Experimental and theoretical study of the fault slip events of rock masses around underground tunnels induced by external disturbances

Fault slip events of rock masses around underground tunnels, such as irreversible displacements and slip-type rock bursts, can easily occur after external disturbances. To investigate the mechanism and threshold conditions of fault slip events triggered by external disturbances, a series of slip experiments using red sandstone blocks were performed with various horizontal pulling forces and vertical dynamic disturbances.
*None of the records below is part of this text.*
-- ===== src/StrategyVault/Par.antt =====
-- What a share of contracts/strategy-vault/src/lib.rs is worth, under any history of requests.
use suban.Base.{ℕ, ◌≡◌, ◌⊎◌, inr, arith, refl, sym, ◌∙◌, Bool, true, none, List, [], is_some}
use mathlib.Core.Path.{subst}
use suban.Int.{ℤ, pos, ◌+ℤ◌, ◌-ℤ◌, ◌≤ℤ◌, int_laws, parts_of_eq}
use suban.Dict.{insert, nat_eq, sum_by, sum_by-insert, insert-AllValues}
use suban.Host.{Env, Returns, weaken, history, history_lem}
use suban.Tokens.{Tokens, Chain}
use suban.StrategyVault.Vault
use suban.StrategyVault.Vault.{
  Store, admin_only, read_admin, read_cap, read_total_assets, read_total_shares, read_paused,
  read_shares, require_not_paused,
}
use suban.StrategyVault.Accounts.{
  Request, deployed, execute, same, IsAtPar, share_value, share_nonneg, moved, deposit-moved,
  withdraw-moved, whole_share,
}

moved-IsAtPar :
    (s : Store) (u : ℕ) (own assets shares : ℤ)
    → IsAtPar s
    → pos 0 ≤ℤ own
    → own -ℤ read_shares s u ≡ shares -ℤ read_total_shares s
    → assets ≡ shares
    → assets ≤ℤ read_cap s
    → (is_some s.admin ≡ true) ⊎ ((s.asset ≡ none) × (insert u own s.shares ≡ []))
    → IsAtPar (moved s u own assets shares)
unfolding read_cap read_total_assets read_total_shares
moved-IsAtPar s u own assets shares v low change par cap start =
    let old = parts_of_eq (share_value s u) in
    let sum = parts_of_eq (sum_by-insert same u own s.shares) in
    let before = parts_of_eq v.summed in
    let moves = parts_of_eq change in
    record {
      shares_nonneg = insert-AllValues (λ x. pos 0 ≤ℤ x) u own s.shares v.shares_nonneg low;
      summed = omega int_laws;
      at_par = par;
      capped = cap;
      started = start;
    }

same_gain : (a b x : ℤ) → a +ℤ x -ℤ a ≡ b +ℤ x -ℤ b
same_gain a b x = omega int_laws

same_loss : (a b x : ℤ) → a -ℤ x -ℤ a ≡ b -ℤ x -ℤ b
same_loss a b x = omega int_laws

module _ {W : Type 0} (t : Tokens W) where
  abbrev AtPar : Chain Store W → Type 0
  AtPar c = IsAtPar c.store

  deposit-IsAtPar :
      (env : Env) (u : ℕ) (x : ℤ) (c : Chain Store W)
      → AtPar c
      → Returns (λ n c'. (n ≡ x) × AtPar c') (Vault.deposit t env u x c)
  deposit-IsAtPar env u x c v =
      weaken _ _ (Vault.deposit t env u x c) (deposit-moved t c v env u x) (λ n c' d.
        let par = parts_of_eq v.at_par in
        let own = share_nonneg c.store u v in
        (
          d.1,
          subst IsAtPar (sym d.4) (
              moved-IsAtPar c.store u (read_shares c.store u +ℤ x) _ _ v
                (omega (int_laws, own, d.0)) (same_gain _ _ x) (omega (int_laws, par)) d.3
                (ground (arith, v.started, d.2))),
        ))

  withdraw-IsAtPar :
      (env : Env) (u : ℕ) (n : ℤ) (c : Chain Store W)
      → AtPar c
      → Returns (λ x c'. (x ≡ n) × AtPar c') (Vault.withdraw t env u n c)
  withdraw-IsAtPar env u n c v =
      weaken _ _ (Vault.withdraw t env u n c) (withdraw-moved t c v env u n) (λ x c' d.
        let whole = d.2 ∙ whole_share t c v u n d.0 d.1 in
        let same_amount = parts_of_eq whole in
        let par = parts_of_eq v.at_par in
        let cap = v.capped in
        (
          whole,
          subst IsAtPar (sym d.4) (
              moved-IsAtPar c.store u (read_shares c.store u -ℤ n) _ _ v (omega (int_laws, d.1))
                (same_loss _ _ n) (omega (int_laws, par, same_amount))
                (omega (int_laws, cap, same_amount, d.0)) (ground (arith, v.started, d.3))),
        ))

  initialize-IsAtPar :
      (env : Env) (a k : ℕ) (x : ℤ) (c : Chain Store W)
      → AtPar c
      → Returns (λ _ c'. AtPar c') (Vault.initialize env a k x c)
  unfolding Vault.initialize read_total_assets read_total_shares read_cap sum_by
  initialize-IsAtPar env a k x c v = ground (arith, v)

  set_strategy-IsAtPar :
      (env : Env) (a k : ℕ) (c : Chain Store W)
      → AtPar c
      → Returns (λ _ c'. AtPar c') (Vault.set_strategy env a k c)
  unfolding Vault.set_strategy admin_only read_admin require_not_paused read_total_assets
      read_total_shares read_cap
  set_strategy-IsAtPar env a k c v = ground (arith, v)

  set_deposit_cap-IsAtPar :
      (env : Env) (a : ℕ) (x : ℤ) (c : Chain Store W)
      → AtPar c
      → Returns (λ _ c'. AtPar c') (Vault.set_deposit_cap env a x c)
  unfolding Vault.set_deposit_cap admin_only read_admin read_total_assets read_total_shares read_cap
  set_deposit_cap-IsAtPar env a x c v = ground (arith, v)

  set_paused-IsAtPar :
      (env : Env) (a : ℕ) (b : Bool) (c : Chain Store W)
      → AtPar c
      → Returns (λ _ c'. AtPar c') (Vault.set_paused env a b c)
  unfolding Vault.set_paused admin_only read_admin read_total_assets read_total_shares read_cap
  set_paused-IsAtPar env a b c v = ground (arith, v)

  execute-IsAtPar :
      (env : Env) (r : Request) (c : Chain Store W)
      → AtPar c
      → Returns (λ _ c'. AtPar c') (execute t env r c)
  unfolding execute
  execute-IsAtPar env (Request.initialize a k x) c v = initialize-IsAtPar env a k x c v
  execute-IsAtPar env (Request.set_strategy a k) c v = set_strategy-IsAtPar env a k c v
  execute-IsAtPar env (Request.set_deposit_cap a x) c v = set_deposit_cap-IsAtPar env a x c v
  execute-IsAtPar env (Request.set_paused a b) c v = set_paused-IsAtPar env a b c v
  execute-IsAtPar env (Request.deposit u x) c v = ground (arith, deposit-IsAtPar env u x c v)
  execute-IsAtPar env (Request.withdraw u n) c v = ground (arith, withdraw-IsAtPar env u n c v)

  -- Whatever calls a new vault receives, with whatever tokens behind it, in whatever order and
  -- whichever of them fail: no user's shares are below zero, they add up to the recorded total of
  -- the shares, and that is exactly the total of the assets, which is within the deposit cap.
  pub history-IsAtPar :
      (w : W) (calls : List (Env × Request))
      → IsAtPar (history (execute t) (record { store = deployed; tokens = w }) calls).store
  unfolding read_total_assets read_total_shares read_cap sum_by
  history-IsAtPar w calls =
      history_lem (execute t) AtPar execute-IsAtPar calls (record { store = deployed; tokens = w })
        (record {
          shares_nonneg = tt;
          summed = refl;
          at_par = refl;
          capped = omega arith;
          started = inr (refl, refl);
        })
The experimental results show that the relative vertical displacements of the adjacent blocks were the main reasons for anomalously low friction phenomenon; the initial stress state strongly affected the final residual horizontal displacements and the threshold conditions of fault slip events; as the shear force ratio β increased, the stabilities of the rock blocks became increasingly sensitive to disturbance energies, and the threshold disturbance energies for causing fault slip events decreased; and when β was close to 1, even a considerably small disturbance triggered a sustained slip failure. Based on energy analyses, a theoretical model was developed, and a dimensionless energy parameter I was introduced to quantifiably characterize the threshold conditions of different types of fault slip events. The threshold condition for rock blocks to start slipping was that the I-value should reach a threshold value, while the threshold conditions of a sustained slip failure were that the I-value should reach a larger threshold value and β should simultaneously exceed a certain value. The expression for the I-value was given and, can reflect the dependency relationships between the disturbance energies, shear force ratios and rock parameters, i.e., the yield strain, the length to height ratio and the ratio of the elastic coefficients. The experimental results and the threshold conditions derived from the theoretical model are essential when carrying out stability analyses and geohazard predictions in rock engineering.